These days it seems like you can’t go on the internet and escape the articles profiling moms who want it all, and attempt to do it all. But honestly, I’m having a hard time believing that so many mothers out there truly feel like they really need to meet those perfectionist standards. My gut is telling me that the majority of the time, that’s not the general consensus among us. I think we need to give ourselves increasingly more credit. We are much more reasonable than that, and let’s not let the world think otherwise.

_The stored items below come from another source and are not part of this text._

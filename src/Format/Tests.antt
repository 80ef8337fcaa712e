-- ===== src/Format/Tests.antt =====
-- 0x2a of one byte, and "ab" and "c" in buffers of four and of two characters.
use green_turtle.Base.{
  ℕ, ◌≡◌, refl, true, none, some, List, [], ◌∷◌, arith, ltb, if◌then◌else◌, length, get_elem?, ◌≢◌,
  ◌≤◌,
}
use green_turtle.Format.{hex_digits, to_hex, Piece, number, string, align_center, aligned}
use green_turtle.Format.Upper.{upper_all, to_upper}
use green_turtle.Format.Upper.Buffer.{to_upper_lem}
use green_turtle.Format.Digits.{read_hex, to_hex_lem}

to_hex_lem_example :
    (text : List ℕ) × (to_hex 1 42 9 ≡ (if ltb 9 (length text) then none else some text))
    × (read_hex 0 text ≡ some 42)
    × (get_elem? text 0 ≢ some 48)
    × (length text ≤ 2)
to_hex_lem_example = to_hex_lem 1 42 9 (omega arith)

-- "2a" of two bytes
two_a : to_hex 2 42 9 ≡ some (50 ∷ 97 ∷ [])
unfolding to_hex hex_digits
two_a = refl

-- Zero has no digits.
zero_is_empty : to_hex 4 0 9 ≡ some []
unfolding to_hex hex_digits
zero_is_empty = refl

-- "a5" in capitals, in the middle of five.
centred : aligned align_center true 5 48 (97 ∷ 53 ∷ []) 9 ≡ some (48 ∷ 65 ∷ 53 ∷ 48 ∷ 48 ∷ [])
unfolding aligned upper_all
centred = refl

to_upper_lem_example :
    to_upper (97 ∷ 122 ∷ 123 ∷ 225 ∷ 109 ∷ 1 ∷ 2 ∷ []) 5
    ≡ some (65 ∷ 90 ∷ 123 ∷ 225 ∷ 77 ∷ 0 ∷ 2 ∷ [])
to_upper_lem_example = to_upper_lem (97 ∷ 122 ∷ 123 ∷ 225 ∷ 109 ∷ 1 ∷ 2 ∷ []) 5 (omega arith)

abbrev pieces : List Piece
pieces = number (97 ∷ 98 ∷ []) ∷ string (99 ∷ []) ∷ []
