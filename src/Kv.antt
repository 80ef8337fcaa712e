-- ===== src/Kv.antt =====
-- The key-value server of kv/.
pub mod Protocol
pub mod MessageLoop
pub mod Server
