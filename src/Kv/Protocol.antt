-- ===== src/Kv/Protocol.antt =====
-- kv/protocol.h: the head of a message, and how strings are read.
pub mod Strings
mod Tests
use green_turtle.Base.{
  ℕ, zero, suc, ◌+◌, ◌*◌, ◌/◌, ◌%◌, ◌^◌, Bool, Option, none, some, List, [], ◌∷◌, ◌++◌, ltb, leb,
  if◌then◌else◌, length, take, drop,
}

abbrev pub protocol_response : ℕ
protocol_response = 0x81

-- The opcodes.
abbrev pub cmd_version : ℕ
cmd_version = 1

abbrev pub cmd_noop : ℕ
cmd_noop = 2

abbrev pub cmd_error : ℕ
cmd_error = 3

abbrev pub cmd_get : ℕ
cmd_get = 4

abbrev pub cmd_set : ℕ
cmd_set = 5

abbrev pub cmd_del : ℕ
cmd_del = 6

abbrev pub cmd_append : ℕ
cmd_append = 7

abbrev pub cmd_inc : ℕ
cmd_inc = 8

abbrev pub cmd_dec : ℕ
cmd_dec = 9

abbrev pub cmd_flush : ℕ
cmd_flush = 10

-- `MessageHead`; its layout is packed, 12 bytes.
pub record MessageHead : Type 0 where
  pub length_field : ℕ
  pub magic : ℕ
  pub opcode : ℕ
  pub affinity : ℕ
  pub seq : ℕ

abbrev pub head_size : ℕ
head_size = 12

-- A little-endian number of two and of four bytes.
abbrev pub u16 : ℕ → ℕ → ℕ
u16 a b = a + 256 * b

abbrev pub u32 : ℕ → ℕ → ℕ → ℕ → ℕ
u32 a b c d = a + 256 * (b + 256 * (c + 256 * d))

-- `*reinterpret_cast<int32_t*>(ptr)` as its bit pattern; `none` is a read past the end.
unfoldable pub read_u32 : List ℕ → Option ℕ
read_u32 (a ∷ b ∷ c ∷ d ∷ rest) = some (u32 a b c d)
read_u32 _ = none

-- `reinterpret_cast<MessageHead*>(ptr)`
unfoldable pub read_head : List ℕ → Option MessageHead
read_head (a ∷ b ∷ c ∷ d ∷ m ∷ o ∷ f ∷ g ∷ s ∷ t ∷ u ∷ v ∷ rest) = some (record {
  length_field = u32 a b c d;
  magic = m;
  opcode = o;
  affinity = u16 f g;
  seq = u32 s t u v;
})
read_head _ = none

-- `Decode<int32_t>(ptr)`: `ptr += sizeof(value)` moves the parameter, and not what it points to.
unfoldable pub decode_int32 : List ℕ → Option (ℕ × List ℕ)
decode_int32 bytes = elim (read_u32 bytes) [ none ↦ none | some value ↦ some (value, bytes) ]

-- `Decode<std::string>(ptr)`; a negative length, and a read past the end, are `none`.
unfoldable pub decode_string : List ℕ → Option (List ℕ × List ℕ)
decode_string bytes = elim (decode_int32 bytes) [
  | none ↦ none
  | some r ↦
      if ltb r.0 (2 ^ 31)
      then if leb r.0 (length r.1) then some (take r.0 r.1, drop r.0 r.1) else none
      else none
]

I’m what I like to call a “Mom in the Middle.” That means, I may have grand ideas of what I’d love my house to look like, how I’d love to raise my children, and how I’d love to pamper my husband, but I’m also pretty damn realistic. And I’m not really willing to make outlandish or overly-optimistic rules that I know I’ll break in less time than it takes to get to the center of a Tootsie Pop. For instance, I don’t generally like to have the TV on around my daughter, but as I say, if the Today Show isn’t on yet it’s too early for my day to start. So if Bird is up ridiculously, nausea-producing, verge-of-tears early, I’m going to need a little something to keep me going. And yes, my husband appreciates my cooking, but he is well aware that to keep my sanity (and everything else running smoothly), he will probably only get a home-cooked meal three times a week. And I very much like my daughter to eat organic and healthy food (as she is just starting to consume table food), but if we are out to dinner and she has a piece of something somewhat unknown, I’m going to chalk it up to a fantastic sensory learning experience rather than a “mom-fail” (crap, were the beans in that burrito canned? :::insert gasp here:::).

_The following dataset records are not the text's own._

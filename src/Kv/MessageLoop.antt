-- ===== src/Kv/MessageLoop.antt =====
-- kv/message_loop.{h,cc}: requests are queued for a loop, which answers them.
pub mod Answers
pub mod Ends
mod Tests
use green_turtle.Base.{
  ℕ, zero, suc, ◌+◌, ◌%◌, Bool, true, false, not, Option, none, some, List, [], ◌∷◌, ◌++◌, ltb,
  ◌==◌, if◌then◌else◌, length, get_elem?, drop, replicate, push_back,
}
use green_turtle.BlockingQueue.{push, pop_all}
use green_turtle.Kv.Protocol.{
  protocol_response, cmd_version, cmd_noop, cmd_error, cmd_get, cmd_set, cmd_del, cmd_append,
  cmd_inc, cmd_dec, cmd_flush, MessageHead, head_size, read_head, decode_string,
}

-- The cases of the switch; PROTOCOL_CMD_ERROR has none.
pub data Command : Type 0 where
  version noop get set del append inc dec flush unknown : Command

unfoldable pub command_of : ℕ → Command
command_of opcode =
    if opcode == cmd_version
    then version
    else if opcode == cmd_noop
    then noop
    else if opcode == cmd_get
    then get
    else if opcode == cmd_set
    then set
    else if opcode == cmd_del
    then del
    else if opcode == cmd_append
    then append
    else if opcode == cmd_inc
    then inc
    else if opcode == cmd_dec
    then dec
    else if opcode == cmd_flush
    then flush
    else unknown

-- What is appended to a message.
pub data Item : Type 0 where
  int8 int32 : ℕ → Item
  str : List ℕ → Item

-- The bytes that `Append(const T &)` adds: of a std::string it is the object that is copied, and not
-- its text; its size here is that of libstdc++.
unfoldable pub item_size : Item → ℕ
item_size (int8 v) = 1
item_size (int32 v) = 4
item_size (str text) = 32

unfoldable pub items_size : List Item → ℕ
items_size [] = 0
items_size (i ∷ is) = item_size i + items_size is

-- A message that is sent: the fields of its head, and what was appended.
pub record Reply : Type 0 where
  pub length_field : ℕ
  pub magic : ℕ
  pub opcode : ℕ
  pub affinity : ℕ
  pub seq : ℕ
  pub body : List Item

-- PROTOCOL_ERR_OK
abbrev error_ok : ℕ
error_ok = 0

abbrev pub version_text : List ℕ
version_text = 48 ∷ 46 ∷ 49 ∷ []

-- `head`, and `SendMessage` with it.
abbrev pub send_message : MessageHead → List Item → Reply
send_message req body = record {
  length_field = head_size + items_size body;
  magic = protocol_response;
  opcode = req.opcode;
  affinity = 0;
  seq = req.seq;
  body = body;
}

unfoldable pub send_error : MessageHead → ℕ → Reply
send_error req error = record {
  length_field = head_size + items_size (int8 error ∷ []);
  magic = protocol_response;
  opcode = cmd_error;
  affinity = 0;
  seq = req.seq;
  body = int8 error ∷ [];
}

-- The string that is read, and what is left.
unfoldable pub dispatch_command : Command → MessageHead → List ℕ → Option (List Reply)
dispatch_command version req bytes =
    some (send_message req (int32 (length version_text) ∷ str version_text ∷ []) ∷ [])
dispatch_command noop req bytes = some (send_message req [] ∷ [])
dispatch_command get req bytes = elim (decode_string bytes) [
  | none ↦ none
  | some key ↦
      let error : ℕ = error_ok in
      some (
        (if not (error == error_ok) then send_error req error else send_message req (str [] ∷ []))
        ∷ [])
]
dispatch_command set req bytes = elim (decode_string bytes) [
  | none ↦ none
  | some key ↦ elim (decode_string key.1) [
    | none ↦ none
    | some value ↦ some (send_message req [] ∷ [])
  ]
]
dispatch_command del req bytes = elim (decode_string bytes) [
  | none ↦ none
  | some key ↦ some (send_message req [] ∷ [])
]
dispatch_command append req bytes = elim (decode_string bytes) [
  | none ↦ none
  | some key ↦ elim (decode_string key.1) [
    | none ↦ none
    | some more ↦ some (send_message req [] ∷ [])
  ]
]
dispatch_command inc req bytes = elim (decode_string bytes) [
  | none ↦ none
  | some key ↦ some (send_message req (str [] ∷ []) ∷ [])
]
dispatch_command dec req bytes = elim (decode_string bytes) [
  | none ↦ none
  | some key ↦ some (send_message req (str [] ∷ []) ∷ [])
]
dispatch_command flush req bytes = some (send_message req [] ∷ [])
dispatch_command unknown req bytes = some []

-- `DispatchMessage`; `none` is a read past the end of the message, or a string of negative length.
unfoldable pub dispatch_message : List ℕ → Option (List Reply)
unfolding dispatch_command command_of
dispatch_message msg = elim (read_head msg) [
  | none ↦ none
  | some req ↦ dispatch_command (command_of req.opcode) req (drop head_size msg)
]

-- A handler and its message.
pub record Request : Type 0 where
  pub handler : ℕ
  pub msg : List ℕ

pub record MessageLoop : Type 0 where
  pub queue : List Request
  pub process_queue : List Request
  pub is_terminal : Bool

abbrev pub new_loop : MessageLoop
new_loop = record { queue = []; process_queue = []; is_terminal = false }

unfoldable pub push_message : MessageLoop → ℕ → List ℕ → MessageLoop
push_message l handler msg = record l {
  queue = (push l.queue (record { handler = handler; msg = msg })).1;
}

unfoldable pub terminal : MessageLoop → MessageLoop
terminal l = record l { is_terminal = true }

-- The replies to a batch, each with the handler that it goes to.
abbrev pub addressed : ℕ → List Reply → List (ℕ × Reply)
addressed handler [] = []
addressed handler (r ∷ rs) = (handler, r) ∷ addressed handler rs

unfoldable pub process : List Request → Option (List (ℕ × Reply))
process [] = some []
process (r ∷ rs) = elim (dispatch_message r.msg) [
  | none ↦ none
  | some replies ↦ elim (process rs) [
    | none ↦ none
    | some rest ↦ some (addressed r.handler replies ++ rest)
  ]
]

-- `Loop` with fuel: the loop, and what was sent.
unfoldable pub loop : ℕ → MessageLoop → List (ℕ × Reply) → Option (MessageLoop × List (ℕ × Reply))
loop zero l sent = none
loop (suc fuel) l sent = elim l.is_terminal [
  | false ↦ some (l, sent)
  | true ↦
      let popped = pop_all l.queue l.process_queue in
      elim (process popped.1) [
        | none ↦ none
        | some replies ↦
            loop fuel (record l { queue = popped.2; process_queue = [] }) (sent ++ replies)
      ]
]

-- `MessageLoopPool`: a unique pointer to nothing is `none`. A failed assertion is `none` too.
unfoldable pub init_pool : List (Option MessageLoop) → ℕ → Option (List (Option MessageLoop))
init_pool [] loop_count = if ltb 0 loop_count then some (replicate loop_count none) else none
init_pool (l ∷ ls) loop_count = none

-- The loop that `GetMessageLoop` refers to; `none` is a use of NULL.
unfoldable pub get_message_loop : List (Option MessageLoop) → ℕ → Option MessageLoop
get_message_loop loops index = elim (get_elem? loops (index % length loops)) [
  | none ↦ none
  | some l ↦ l
]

My point is, as parents, we can’t really expect other people to stop judging us so much if we don’t stop doing so ourselves. So turn off the TV (except for Ellen), cook a delicious meal (and then order out the next night), and give your child that organic broccoli (with a bite of Flour’s famous sticky bun). Because THAT, my mama friends, is having it all.

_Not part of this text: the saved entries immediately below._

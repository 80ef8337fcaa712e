-- ===== src/Kv/MessageLoop/Answers.antt =====
-- What `DispatchMessage` of message_loop.cc answers, for every opcode.
use green_turtle.Base.{
  ℕ, zero, suc, ◌+◌, Bool, true, false, Option, none, some, List, [], ◌∷◌, length,
}
use green_turtle.Kv.Protocol.{MessageHead, decode_string}
use green_turtle.Kv.MessageLoop.{
  Command, version, noop, get, set, del, append, inc, dec, flush, unknown, Item, int32, str, Reply,
  version_text, items_size,
}

-- The strings of a request that its case reads, and the body of its answer, if it has one. They are
-- those of protocol.h, but for SET, whose request has one string there.
abbrev pub strings_of : Command → ℕ
strings_of version = 0
strings_of noop = 0
strings_of get = 1
strings_of set = 2
strings_of del = 1
strings_of append = 2
strings_of inc = 1
strings_of dec = 1
strings_of flush = 0
strings_of unknown = 0

abbrev pub answer_of : Command → Option (List Item)
answer_of version = some (int32 (length version_text) ∷ str version_text ∷ [])
answer_of noop = some []
answer_of get = some (str [] ∷ [])
answer_of set = some []
answer_of del = some []
answer_of append = some []
answer_of inc = some (str [] ∷ [])
answer_of dec = some (str [] ∷ [])
answer_of flush = some []
answer_of unknown = none

-- Whether so many strings can be read, one after the other.
abbrev pub readable : ℕ → List ℕ → Bool
readable zero bytes = true
readable (suc n) bytes = elim (decode_string bytes) [ none ↦ false | some r ↦ readable n r.1 ]

-- The answer: the opcode and the sequence number are those of the request, and the length is that
-- of the head and the body.
abbrev pub answers : MessageHead → Option (List Item) → List Reply
answers req none = []
answers req (some body) =
    record {
      length_field = 12 + items_size body;
      magic = 129;
      opcode = req.opcode;
      affinity = 0;
      seq = req.seq;
      body = body;
    }
    ∷ []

I totally agree with this. A friend of mine asked me how I can have three small kiddos and also do volunteer work, and I answered, "I have lowered my standards," which was only a little bit sarcastic. I aspire to "good enough" on a whole range of issues, and have relinquished control over things that don't matter (e.g. when the Duchess wants to wear the same outfit five days in a row, she can, but she has to wear snow boots). It is definitely a lot more fun this way, and my energy is conserved for the most important things.